Assigned task:
All lines below containing "AttributeInfo" are to be listed.

Material for this task:
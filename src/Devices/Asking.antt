-- ===== src/Devices/Asking.antt =====
-- src/wstangoproc_common/TangoProcessor.cpp: the asynchronous requests to a device and, in the
-- client build, to the devices of a group.
use web_socket_ds.Base.{
  ℕ, String, Bool, true, false, not, ◌&&◌, List, [], ◌∷◌, ◌++◌, if◌then◌else◌, get_or,
}
use web_socket_ds.Base.Dict.{Dict, lookup, string_eq}
use web_socket_ds.Wire.{ErrorType, TypeWsReq, SingleOrGroup, group}
use web_socket_ds.Request.{ParsedInputJson, is_value, is_array, is_none, check_key, value_at}
use web_socket_ds.StringProc.Response.{error_info, exception_string_out}
use web_socket_ds.StringProc.Precision.{check_precision_options, check_precision_list}
use web_socket_ds.Connections.{TaskInfo, UserOptions, Called, gives, fails, escapes}
use web_socket_ds.Devices.{
  TangoType, is_massive, DeviceData, no_data, AttributeInput, AttributeInfo, Formats, Asked, got,
  dev_failed, Devices,
}
use web_socket_ds.Devices.Argin.{get_device_data, get_device_attribute_data}

abbrev pub Tasks : Type 0
Tasks = List (ℕ × TaskInfo)

abbrev pub is_void : TangoType → Bool
is_void t = elim t [ TangoType.dev_void ↦ true | _ ↦ false ]

-- `children` are the pairs of an object of the request.
module _ {F W Tree : Type 0} (f : Formats F) (d : Devices F W)
    (children : Tree → List (String × String)) (p : ParsedInputJson Tree) where
  unfoldable pub request_refused : ErrorType → String → String → List String → String
  request_refused kind attr_name message messages = exception_string_out (record (error_info kind) {
    typeof_req = p.type_req_str;
    id = p.id;
    device_name = if is_value (check_key p "device_name") then value_at p "device_name" else "";
    attr_name = attr_name;
    error_message = message;
    error_messages = messages;
  })

  -- The fields that the three kinds of task share.
  unfoldable pub task_info : String → SingleOrGroup → UserOptions → TypeWsReq → W → TaskInfo
  task_info dev sog uo kind w = record {
    id_req = p.id;
    device_name = d.name dev w;
    user_options = uo;
    group_pattern = "";
    type_req_str = p.type_req_str;
    req_name = "";
    req_names = [];
    single_or_group = sog;
    type_asynq_req = kind;
    device_for_ws = dev;
  }

  abbrev json_out : Bool
  json_out = is_value (check_key p "jsonout")

  module _ (dev : String) (sog : SingleOrGroup) where
    unfoldable pub command_task : String → String → W → TaskInfo
    command_task name opt w =
        record (task_info dev sog
          (record { precision = opt; precisions = []; is_json_string = json_out }) TypeWsReq.command
          w) { req_name = name }

    unfoldable pub after_command : String → String → Asked ℕ × W → Called (ℕ × TaskInfo) × W
    after_command name opt (got id, w) = (gives (id, command_task name opt w), w)
    after_command name opt (dev_failed errs, w) =
        (fails (request_refused ErrorType.tango_exception "" "" errs), w)

    unfoldable pub with_argin :
        String → String → Called (DeviceData F) → W → Called (ℕ × TaskInfo) × W
    with_argin name opt (gives sent) w =
        after_command name opt (d.command_inout_asynch dev name sent w)
    with_argin name opt (fails what) w = (fails what, w)
    with_argin name opt escapes w = (escapes, w)

    unfoldable pub with_type : String → String → TangoType → W → Called (ℕ × TaskInfo) × W
    with_type name opt t w =
        if is_void t
        then after_command name opt (d.command_inout_asynch dev name no_data w)
        else if is_none (check_key p "argin")
        then (fails (request_refused ErrorType.check_request "" "argin not found" []), w)
        else if is_array (check_key p "argin") && not (is_massive t)
        then (
          fails (
              request_refused ErrorType.check_request "" "The input data should not be an array"
                []),
          w,
        )
        else with_argin name opt (get_device_data f p t) w

    unfoldable pub after_query : String → String → Asked TangoType × W → Called (ℕ × TaskInfo) × W
    after_query name opt (got t, w) = with_type name opt t w
    after_query name opt (dev_failed errs, w) =
        (fails (request_refused ErrorType.tango_exception "" "" errs), w)

    -- `processCommand`.
    unfoldable pub process_command : W → Called (ℕ × TaskInfo) × W
    process_command w =
        let (name, opt) = check_precision_options (value_at p "command_name") p in
        after_query name opt (d.command_query dev name w)

    unfoldable pub attribute_names : List String
    attribute_names =
        if is_value (check_key p "attr_name")
        then value_at p "attr_name" ∷ []
        else if is_array (check_key p "attr_name")
        then get_or (lookup "attr_name" p.other_inp_vec) []
        else []

    unfoldable pub after_read :
        List String → Dict String String → Asked ℕ × W → Called (ℕ × TaskInfo) × W
    after_read names opts (got id, w) = (
      gives (
        id,
        record (task_info dev sog
            (record { precision = ""; precisions = opts; is_json_string = json_out })
            TypeWsReq.attribute_read w) { req_names = names },
      ),
      w,
    )
    after_read names opts (dev_failed errs, w) =
        (fails (request_refused ErrorType.tango_exception "" "" errs), w)

    -- `processAttrRead`.
    unfoldable pub process_attr_read : W → Called (ℕ × TaskInfo) × W
    process_attr_read w =
        let (names, opts) = check_precision_list children attribute_names p in
        after_read names opts (d.read_attributes_asynch dev names w)

    -- No answer to a write is read for its options.
    unfoldable pub after_write : String → Asked ℕ × W → Called (ℕ × TaskInfo) × W
    after_write attr (got id, w) = (
      gives (
        id,
        record (task_info dev sog
            (record { precision = ""; precisions = []; is_json_string = false })
            TypeWsReq.attribute_write w) { req_name = attr },
      ),
      w,
    )
    after_write attr (dev_failed errs, w) =
        (fails (request_refused ErrorType.tango_exception attr "" errs), w)

    unfoldable pub with_input :
        String → String → Called (AttributeInput F) → W → Called (ℕ × TaskInfo) × W
    with_input attr name (gives input) w =
        after_write attr (d.write_attribute_asynch dev name input w)
    with_input attr name (fails what) w = (fails what, w)
    with_input attr name escapes w = (escapes, w)

    unfoldable pub after_info : String → Asked AttributeInfo × W → Called (ℕ × TaskInfo) × W
    after_info attr (got info, w) = with_input attr info.name (get_device_attribute_data f p info) w
    after_info attr (dev_failed errs, w) =
        (fails (request_refused ErrorType.tango_exception attr "" errs), w)

    -- `processAttrWrite`.
    unfoldable pub process_attr_write : W → Called (ℕ × TaskInfo) × W
    process_attr_write w =
        let attr = value_at p "attr_name" in after_info attr (d.attribute_query dev attr w)

    unfoldable pub push_back : Called (ℕ × TaskInfo) × W → Called Tasks × W
    push_back (gives task, w) = (gives (task ∷ []), w)
    push_back (fails what, w) = (fails what, w)
    push_back (escapes, w) = (escapes, w)

    -- `processAsyncReq` for a device: its task.
    unfoldable pub process_async_req : W → Called Tasks × W
    process_async_req w = elim p.type_req [
      | TypeWsReq.command ↦ push_back (process_command w)
      | TypeWsReq.attribute_read ↦ push_back (process_attr_read w)
      | TypeWsReq.attribute_write ↦ push_back (process_attr_write w)
      | _ ↦ (gives [], w)
    ]

  unfoldable pub member_failed : String → List String → String
  member_failed dev errs = exception_string_out (record (error_info ErrorType.tango_exception) {
    typeof_req = p.type_req_str;
    id = p.id;
    device_name = dev;
    error_messages = errs;
  })

  -- What one device of the group comes to: tasks, or an error.
  unfoldable pub as_member : Called Tasks × W → Called (Tasks × List String) × W
  as_member (gives tasks, w) = (gives (tasks, []), w)
  as_member (fails what, w) = (gives ([], what ∷ []), w)
  as_member (escapes, w) = (escapes, w)

  unfoldable pub after_proxy : String → Asked (Unit {0}) × W → Called (Tasks × List String) × W
  after_proxy dev (got u, w) = as_member (process_async_req dev group w)
  after_proxy dev (dev_failed errs, w) = (gives ([], member_failed dev errs ∷ []), w)

  abbrev pub join_rest :
      Tasks × List String → Called (Tasks × List String) → Called (Tasks × List String)
  join_rest (ts, es) (gives (ts', es')) = gives (ts ++ ts', es ++ es')
  join_rest first (fails what) = fails what
  join_rest first escapes = escapes

  -- `processAsyncReq` for a group in the client build: a proxy for each of its devices.
  unfoldable pub process_group : List String → W → Called (Tasks × List String) × W
  process_group [] w = (gives ([], []), w)
  process_group (dev ∷ devs) w =
      let (first, w') = after_proxy dev (d.new_proxy dev w) in
      elim first [
        | gives g ↦ let (rest, w'') = process_group devs w' in (join_rest g rest, w'')
        | fails what ↦ (fails what, w')
        | escapes ↦ (escapes, w')
      ]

Solution below:
  TangoType, is_massive, DeviceData, no_data, AttributeInput, AttributeInfo, Formats, Asked, got,
    unfoldable pub after_info : String → Asked AttributeInfo × W → Called (ℕ × TaskInfo) × W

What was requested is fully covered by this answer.